Fisker denied accusations that it has used political connections to get the $192 million loan although it knew it wasn’t able to reach the imposed milestones.

“Fisker never oriented itself toward market signals and consumer demand,” said Rep. Jim Jordan (R-Ohio), chairman of the House Subcommittee on Economic Growth, Job Creation and Regulatory Affairs. “It’s north star was the political winds of Washington.”

Rep. Jim Jordan said that records clearly showed that Fisker’s connections in the Obama administration helped the company secure the loan and then avoid having the loan taken away even if it missed several milestones. The loan was offered by the Energy Department through a program created in 2007 by the Congress for green energy projects.

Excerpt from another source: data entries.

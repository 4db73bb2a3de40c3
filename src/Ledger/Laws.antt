-- ===== src/Ledger/Laws.antt =====
-- What an accepted ledger promises.
use exasphere.Base.{
  ℕ, ◌+◌, ◌≡◌, sym, ap, subst, ◌∙◌, Bool, true, false, not, Option, none, some, List, [], ◌∷◌,
  String, str_eq, eq_iff, arith, ok, guard-eq-ok, >>-eq-ok, >>=-eq-ok, ok_injective,
  drop_value-eq-ok, ◌<>◌, All, audit_ledger_error,
}
use exasphere.Text.{in_table}
use exasphere.Text.Digits.{show}
use exasphere.Json.{JsonValue, str, JsonObject, get, as_text}
use exasphere.World.{World, FilePath, path_of, found}
use exasphere.Checks.Laws.{refuted_by}
use exasphere.Checks.Distinct.{Distinct, Unseen, Unseen-tail}
use exasphere.Ledger.{
  ensure, audit_match, is_secret, load_object, load_jsonl, text_or, require_string, sha256_file,
  validate_snapshot, validate_record, validate_records, validate_ledger,
}

ensured : (b : Bool) (m : String) → ensure b m ≡ ok tt → b ≡ true
ensured b m h = guard-eq-ok audit_ledger_error b m h

refuted : (b : Bool) (m : String) → ensure (not b) m ≡ ok tt → b ≡ false
refuted b m h = refuted_by audit_ledger_error b m h

same : (s t m : String) → ensure (str_eq s t) m ≡ ok tt → s ≡ t
same s t m h = (eq_iff s t).0 (ensured (str_eq s t) m h)

-- A field that is read is a text, and tells no secret.
pub require_string-eq-ok :
    (data_ : JsonObject) (name context : String) {s : String}
    → require_string data_ name context ≡ ok s
    → (get data_ name ≡ str s) × (is_secret s ≡ false)
unfolding require_string
require_string-eq-ok data_ name context h = of_value (get data_ name) h
  where
    of_value :
        (v : JsonValue) {s : String}
        → text_or v name context ≡ ok s
        → (v ≡ str s) × (is_secret s ≡ false)
    of_value (str t) h =
        let (full, h1) = >>-eq-ok _ _ h in
        let (public_, h2) = >>-eq-ok _ _ h1 in
        (
          ap str (ok_injective h2),
          ap is_secret (sym (ok_injective h2)) ∙ refuted (is_secret t) _ public_,
        )
    of_value _ h = cc

sha256_file-found :
    (w : World) (path : FilePath) {digest : String}
    → sha256_file w path ≡ ok digest
    → w.sha256 path ≡ found digest
unfolding sha256_file
sha256_file-found w path h = ground arith

-- The artifacts of a record: the digests that it names are those of the files, and the snapshot
-- names the record's own ids.
pub record RecordOk (w : World) (row : JsonObject) : Type 0 where
  pub audit_id : String
  pub rollback_id : String
  pub snapshot_path : String
  pub transcript_path : String
  pub snapshot_sha : String
  pub transcript_sha : String
  pub snapshot : JsonObject
  pub row_audit_id : get row "audit_id" ≡ str audit_id
  pub well_formed : audit_match audit_id ≡ true
  pub no_secret : is_secret audit_id ≡ false
  pub row_rollback_id : get row "rollback_id" ≡ str rollback_id
  pub row_snapshot : get row "rollback_snapshot" ≡ str snapshot_path
  pub row_transcript : get row "transcript" ≡ str transcript_path
  pub row_snapshot_sha : get row "rollback_snapshot_sha256" ≡ str snapshot_sha
  pub row_transcript_sha : get row "transcript_sha256" ≡ str transcript_sha
  pub snapshot_digest : w.sha256 (path_of snapshot_path) ≡ found snapshot_sha
  pub transcript_digest : w.sha256 (path_of transcript_path) ≡ found transcript_sha
  pub snapshot_loaded : load_object w (path_of snapshot_path) ≡ ok snapshot
  pub snapshot_audit_id : get snapshot "audit_id" ≡ str audit_id
  pub snapshot_rollback_id : get snapshot "rollback_id" ≡ str rollback_id

record SnapshotOk (w : World) (path : FilePath) (audit_id rollback_id : String) : Type 0 where
  snapshot : JsonObject
  loaded : load_object w path ≡ ok snapshot
  its_audit_id : get snapshot "audit_id" ≡ str audit_id
  its_rollback_id : get snapshot "rollback_id" ≡ str rollback_id

validate_snapshot-SnapshotOk :
    (w : World) (path : FilePath) (audit_id rollback_id : String)
    → validate_snapshot w path audit_id rollback_id ≡ ok tt
    → SnapshotOk w path audit_id rollback_id
unfolding validate_snapshot
validate_snapshot-SnapshotOk w path audit_id rollback_id h =
    let (snapshot, loaded, h1) = >>=-eq-ok (load_object w path) _ h in
    let (schema, _, h2) = >>=-eq-ok (require_string snapshot "schema" "snapshot") _ h1 in
    let (_, h3) = >>-eq-ok _ _ h2 in
    let (a, a_ok, h4) = >>=-eq-ok (require_string snapshot "audit_id" "snapshot") _ h3 in
    let (a_same, h5) = >>-eq-ok _ _ h4 in
    let (r, r_ok, h6) = >>=-eq-ok (require_string snapshot "rollback_id" "snapshot") _ h5 in
    let (r_same, _) = >>-eq-ok _ _ h6 in
    record {
      snapshot = snapshot;
      loaded = loaded;
      its_audit_id = (require_string-eq-ok snapshot _ _ a_ok).0 ∙ ap str (same a audit_id _ a_same);
      its_rollback_id =
          (require_string-eq-ok snapshot _ _ r_ok).0 ∙ ap str (same r rollback_id _ r_same);
    }

-- What one record adds: its id is new, and it is seen from then on.
record Step (w : World) (row : JsonObject) (seen seen' : List String) : Type 0 where
  passed : RecordOk w row
  is_new : in_table (passed.audit_id) seen ≡ false
  grows : seen' ≡ passed.audit_id ∷ seen

validate_record-Step :
    (w : World) (row : JsonObject) (seen : List String) (index : ℕ) {seen' : List String}
    → validate_record w row seen index ≡ ok seen'
    → Step w row seen seen'
unfolding validate_record
validate_record-Step w row seen index h =
    let context = "ledger[" <> show index <> "]" in
    let (schema, _, h1) = >>=-eq-ok (require_string row "schema" context) _ h in
    let (_, h2) = >>-eq-ok _ _ h1 in
    let (audit_id, a_ok, h3) = >>=-eq-ok (require_string row "audit_id" context) _ h2 in
    let (matches, h4) = >>-eq-ok _ _ h3 in
    let (unseen, h5) = >>-eq-ok _ _ h4 in
    let (rollback_id, r_ok, h6) = >>=-eq-ok (require_string row "rollback_id" context) _ h5 in
    let (snapshot, p_ok, h7) = >>=-eq-ok (require_string row "rollback_snapshot" context) _ h6 in
    let (transcript, q_ok, h8) = >>=-eq-ok (require_string row "transcript" context) _ h7 in
    let (s_sha, s_ok, h9) =
      >>=-eq-ok (require_string row "rollback_snapshot_sha256" context) _ h8 in
    let (t_sha, t_ok, h10) = >>=-eq-ok (require_string row "transcript_sha256" context) _ h9 in
    let (_, h11) = >>-eq-ok _ _ h10 in
    let (s_digest, s_read, h12) = >>=-eq-ok (sha256_file w (path_of snapshot)) _ h11 in
    let (s_same, h13) = >>-eq-ok _ _ h12 in
    let (t_digest, t_read, h14) = >>=-eq-ok (sha256_file w (path_of transcript)) _ h13 in
    let (t_same, h15) = >>-eq-ok _ _ h14 in
    let (snapshot_passed, h16) =
      >>-eq-ok (validate_snapshot w (path_of snapshot) audit_id rollback_id) _ h15 in
    let inner =
      validate_snapshot-SnapshotOk w (path_of snapshot) audit_id rollback_id snapshot_passed in
    record {
      passed = record {
        audit_id = audit_id;
        rollback_id = rollback_id;
        snapshot_path = snapshot;
        transcript_path = transcript;
        snapshot_sha = s_sha;
        transcript_sha = t_sha;
        snapshot = inner.snapshot;
        row_audit_id = (require_string-eq-ok row _ _ a_ok).0;
        well_formed = ensured (audit_match audit_id) _ matches;
        no_secret = (require_string-eq-ok row _ _ a_ok).1;
        row_rollback_id = (require_string-eq-ok row _ _ r_ok).0;
        row_snapshot = (require_string-eq-ok row _ _ p_ok).0;
        row_transcript = (require_string-eq-ok row _ _ q_ok).0;
        row_snapshot_sha = (require_string-eq-ok row _ _ s_ok).0;
        row_transcript_sha = (require_string-eq-ok row _ _ t_ok).0;
        snapshot_digest = sha256_file-found w _ s_read ∙ ap found (same s_digest s_sha _ s_same);
        transcript_digest = sha256_file-found w _ t_read ∙ ap found (same t_digest t_sha _ t_same);
        snapshot_loaded = inner.loaded;
        snapshot_audit_id = inner.its_audit_id;
        snapshot_rollback_id = inner.its_rollback_id;
      };
      is_new = refuted (in_table audit_id seen) _ unseen;
      grows = sym (ok_injective h16);
    }

abbrev cons_some : Option String → List String → List String
cons_some none ss = ss
cons_some (some s) ss = s ∷ ss

-- The audit ids of the records.
abbrev pub audit_ids : List JsonObject → List String
audit_ids [] = []
audit_ids (row ∷ rows) = cons_some (as_text (get row "audit_id")) (audit_ids rows)

record Records (w : World) (rows : List JsonObject) (seen : List String) : Type 0 where
  passed : All (RecordOk w) rows
  distinct : Distinct (audit_ids rows)
  unseen : Unseen seen (audit_ids rows)

add_record :
    (w : World) (row : JsonObject) (rows : List JsonObject) (seen : List String)
    (r : RecordOk w row)
    → in_table (r.audit_id) seen ≡ false
    → Records w rows (r.audit_id ∷ seen)
    → Records w (row ∷ rows) seen
add_record w row rows seen r new later =
    let (head_new, tail_unseen) = Unseen-tail r.audit_id seen (audit_ids rows) later.unseen in
    record {
      passed = (r, later.passed);
      distinct = rw r.row_audit_id (head_new, later.distinct);
      unseen = rw r.row_audit_id (new, tail_unseen);
    }

validate_records-Records :
    (w : World) (rows : List JsonObject) (seen : List String) (index : ℕ) {seen' : List String}
    → validate_records w rows seen index ≡ ok seen'
    → Records w rows seen
unfolding validate_records
validate_records-Records w [] seen index h = record { passed = tt; distinct = tt; unseen = tt }
validate_records-Records w (row ∷ rows) seen index h =
    let (next, row_ok, rest_ok) = >>=-eq-ok (validate_record w row seen index) _ h in
    let step = validate_record-Step w row seen index row_ok in
    let later = validate_records-Records w rows next (index + 1) rest_ok in
    add_record w row rows seen step.passed step.is_new
      (subst (λ s. Records w rows s) step.grows later)

-- An accepted ledger: its rows are read, each of them has intact artifacts and a snapshot of the
-- same audit and rollback, and no audit id stands twice.
pub record AcceptedLedger (w : World) (path : FilePath) : Type 0 where
  pub rows : List JsonObject
  pub loaded : load_jsonl w path ≡ ok rows
  pub passed : All (RecordOk w) rows
  pub distinct : Distinct (audit_ids rows)

-- In an accepted ledger every record has a well-formed audit id that tells no secret; the files that
-- its fields `rollback_snapshot` and `transcript` name have the digests that its two digest fields give;
-- that snapshot has the record's audit id and rollback id; and the audit ids of the records differ.
pub validate_ledger-AcceptedLedger :
    (w : World) (path : FilePath) → validate_ledger w path ≡ ok tt → AcceptedLedger w path
unfolding validate_ledger
validate_ledger-AcceptedLedger w path h =
    let (rows, loaded, h1) = >>=-eq-ok (load_jsonl w path) _ h in
    let (seen, all_ok) = drop_value-eq-ok (validate_records w rows [] 0) h1 in
    let r = validate_records-Records w rows [] 0 all_ok in
    record { rows = rows; loaded = loaded; passed = r.passed; distinct = r.distinct }
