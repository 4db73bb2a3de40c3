-- ===== src/Live.antt =====
-- The evidence of a live run: qa/evidence_safety_check.py and qa/partial_attach_check.py (Partial),
-- qa/lab_summary_observe.py (Observe), qa/live_behavior_check.py (Bundle) and
-- qa/live_bundle_freshness_check.py (Freshness).
pub mod Partial
pub mod Observe
pub mod Bundle
pub mod Freshness
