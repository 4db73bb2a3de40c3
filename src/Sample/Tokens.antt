-- ===== src/Sample/Tokens.antt =====
-- qa/runtime_sample_common.py, the words of a key: `private_key_tokens` and `_contains_pattern`.
pub mod Laws
use exasphere.Base.{
  ℕ, zero, suc, ◌+◌, ◌-◌, Bool, true, false, ◌&&◌, ◌||◌, not, Option, none, some, List, [], ◌∷◌,
  ◌++◌, String, leb, ltb, ◌==◌, if◌then◌else◌, length, take, drop, map,
}
use exasphere.Text.{codes, casefold}

abbrev pub is_upper : ℕ → Bool
is_upper c = leb b'A' c && leb c b'Z'

abbrev pub is_lower : ℕ → Bool
is_lower c = leb b'a' c && leb c b'z'

abbrev pub is_digit : ℕ → Bool
is_digit c = leb b'0' c && leb c b'9'

abbrev pub is_alnum : ℕ → Bool
is_alnum c = is_digit c || is_upper c || is_lower c

-- The longest run at the front whose characters pass the test, and the rest.
unfoldable pub span : (ℕ → Bool) → List ℕ → List ℕ × List ℕ
span p [] = ([], [])
span p (c ∷ s) = let (run, rest) = span p s in if p c then (c ∷ run, rest) else ([], c ∷ s)

-- `[A-Z]+(?=[A-Z][a-z]|\d|$)`: the whole run of capitals before a digit or the end; before a small
-- letter the run without its last capital, if that is not all of it.
last_capital : List ℕ → List ℕ → List ℕ × List ℕ
last_capital [] rest = ([], rest)
last_capital (c ∷ []) rest = ([], c ∷ rest)
last_capital (c ∷ cs) rest = let (run, rest') = last_capital cs rest in (c ∷ run, rest')

capitals : List ℕ → List ℕ → List ℕ × List ℕ
unfolding last_capital
capitals run [] = (run, [])
capitals run (c ∷ rest) = if is_digit c then (run, c ∷ rest) else last_capital run (c ∷ rest)

-- `[A-Z]?[a-z]+`, after its first character.
word_after : ℕ → List ℕ → List ℕ × List ℕ
unfolding span
word_after c s = let (run, rest) = span is_lower s in (c ∷ run, rest)

or_word : ℕ → List ℕ → List ℕ × List ℕ → List ℕ × List ℕ
unfolding word_after
or_word c s ([], rest) = word_after c s
or_word c s (d ∷ run, rest) = (d ∷ run, rest)

-- The match of PRIVATE_KEY_TOKEN_RE at the first character of a chunk.
unfoldable pub next_token : ℕ → List ℕ → List ℕ × List ℕ
unfolding span capitals or_word word_after
next_token c s =
    let (upper_run, after_upper) = span is_upper (c ∷ s) in
    let (digit_run, after_digits) = span is_digit (c ∷ s) in
    if is_upper c
    then or_word c s (capitals upper_run after_upper)
    else if is_lower c
    then word_after c s
    else (digit_run, after_digits)

-- `PRIVATE_KEY_TOKEN_RE.finditer(chunk)`; the chunk's length is fuel enough.
unfoldable pub tokens_fuel : ℕ → List ℕ → List (List ℕ)
unfolding next_token
tokens_fuel f [] = []
tokens_fuel zero (c ∷ s) = []
tokens_fuel (suc f) (c ∷ s) = let (token, rest) = next_token c s in token ∷ tokens_fuel f rest

-- `re.split(r"[^0-9A-Za-z]+", key)`, the empty chunks left out.
add_char : ℕ → Bool → List (List ℕ) → List (List ℕ)
add_char c true (w ∷ ws) = (c ∷ w) ∷ ws
add_char c _ ws = (c ∷ []) ∷ ws

next_is_alnum : List ℕ → Bool
next_is_alnum [] = false
next_is_alnum (c ∷ s) = is_alnum c

unfoldable pub chunks : List ℕ → List (List ℕ)
unfolding add_char next_is_alnum
chunks [] = []
chunks (c ∷ s) =
    let rest = chunks s in if is_alnum c then add_char c (next_is_alnum s) rest else rest

chunk_tokens : List (List ℕ) → List (List ℕ)
unfolding tokens_fuel casefold
chunk_tokens [] = []
chunk_tokens (w ∷ ws) = map casefold (tokens_fuel (length w) w) ++ chunk_tokens ws

unfoldable pub private_key_tokens : List ℕ → List (List ℕ)
unfolding chunk_tokens chunks
private_key_tokens key = chunk_tokens (chunks key)

-- `==` on texts and on tuples of texts.
unfoldable pub same_text : List ℕ → List ℕ → Bool
same_text [] [] = true
same_text (a ∷ s) (b ∷ t) = a == b && same_text s t
same_text _ _ = false

unfoldable pub same_texts : List (List ℕ) → List (List ℕ) → Bool
unfolding same_text
same_texts [] [] = true
same_texts (a ∷ s) (b ∷ t) = same_text a b && same_texts s t
same_texts _ _ = false

-- `for index in range(limit): if tokens[index : index + len(pattern)] == pattern: return True`
unfoldable pub window_match : ℕ → List (List ℕ) → List (List ℕ) → Bool
unfolding same_texts
window_match zero tokens pattern_ = false
window_match (suc limit) tokens pattern_ =
    same_texts (take (length pattern_) tokens) pattern_
    || window_match limit (drop 1 tokens) pattern_

unfoldable pub contains_pattern : List (List ℕ) → List (List ℕ) → Bool
unfolding window_match
contains_pattern tokens pattern_ =
    if ltb (length tokens) (length pattern_)
    then false
    else window_match (length tokens - length pattern_ + 1) tokens pattern_

any_pattern : List (List ℕ) → List String → Bool
unfolding contains_pattern private_key_tokens codes
any_pattern tokens [] = false
any_pattern tokens (key ∷ patterns) =
    contains_pattern tokens (private_key_tokens (codes key)) || any_pattern tokens patterns

abbrev pub forbidden_keys : List String
forbidden_keys =
    "command_line" ∷ "cmdline" ∷ "argv" ∷ "args" ∷ "environment" ∷ "env" ∷ "secret" ∷ "token"
    ∷ "api_key" ∷ []

-- `private_key_has_pattern(key, FORBIDDEN_KEY_PATTERNS)`
unfoldable pub private_key : String → Bool
unfolding any_pattern private_key_tokens codes
private_key key = any_pattern (private_key_tokens (codes key)) forbidden_keys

“Let me be clear: I am not aware and do not believe that any improper political influence was used in connection with the company’s loan application or subsequent negotiations with the Department of Energy,” said Henrik Fisker, who recently resigned amid a management dispute at Fisker.

Rep. Jim Jordan added that when Fisker was offered the loan the company had a lower credit rating compared with other major automakers, lacked collateral and a ‘junk-grade’ investment rating. He also questioned how the Energy Department still offered the loan when the automaker has manufactured only several hundreds Karmas in 2011, when the target was of 14,000 units.